Mais, apparemment, je ne suis pas le seul dans mon approche paradoxale de non-nouvelles-mieux-que-mauvaises-nouvelles. Selon une étude de l'Université de Pennsylvanie, une peur du cancer du sein - même lorsqu'elle s'avère être une fausse alerte - peut amener les femmes à reporter les futurs dépistages. Pourtant, étant donné mes antécédents familiaux et le fait que j'ai un jeune fils, je savais que je ne pourrais pas le remettre éternellement. «Cela ne peut pas faire de mal», a déclaré mon médecin en guise d'encouragement lors d'une récente visite. Je me suis dit, oh ouais? Avez-vous déjà eu votre poitrine A moins écrasée dans une crêpe en argent?!

La procédure n'était pas douloureuse, mais ce n'était pas vraiment agréable non plus. Ma technicienne, Jessica, a manipulé mes ta-tas avec un toucher habile, positionnant délibérément chaque sein dans l'unité de mammographie, puis en le pressant doucement à plat entre la plate-forme et une palette en plexiglas. Elle a bavardé pendant qu'elle travaillait, ce qui m'a aidé à ne pas penser à la raison pour laquelle j'étais là.
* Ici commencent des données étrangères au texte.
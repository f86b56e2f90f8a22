-- ===== src/Client/Completion.antt =====
-- The startup of a client ends without an error where the database refuses nothing.
use solana_indexer_plugin.Base.{List}
use solana_indexer_plugin.Crates.{Crates}
use solana_indexer_plugin.Database.{Database}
«C'est inhabituel de voir des tissus mammaires aussi denses chez une personne qui allaite», a-t-elle observé en poussant mes mamelons pointus dans position. «Avoir un buste plus petit aide.» SCORE UN POUR MES BOOBIES PRÉPUBESCENTS PERKY! J'ai applaudi… jusqu'à ce que Jessica m'explique que le tissu mammaire dense est souvent indiscernable des tumeurs, ce qui rend plus difficile d'obtenir une lecture précise. C'est pourquoi de nombreux médecins conseillent aux patientes à faible risque d'attendre d'avoir 40 ans lorsque leur tissu mammaire est, euh, moins dense. "Le terme technique pour saggy", a craqué mon amie Alyce, qui est une 32C.

Sa blague a mis en lumière la dernière raison, la plus irrationnelle, pour laquelle j'avais hésité à me faire dépister: une première mammographie est un rite de passage, et j'ai eu du mal à accepter que j'étais assez vieux pour me qualifier. Au fil des étapes, c'est moins amusant (et plus stressant) que d'obtenir un permis de conduire ou d'acheter cette première bière. Mais je suis content de l'avoir fait, surtout parce que les résultats sont revenus normaux. Si, pour quelque raison que ce soit, je dois retourner avant Im 40 ans, je ne tarderai pas, car connaître la vérité vaut toujours mieux que ne pas savoir. Et pour cette tranquillité d'esprit, quelques minutes d'inconfort pour écraser les seins sont un petit prix à payer. Très petit dans mon cas.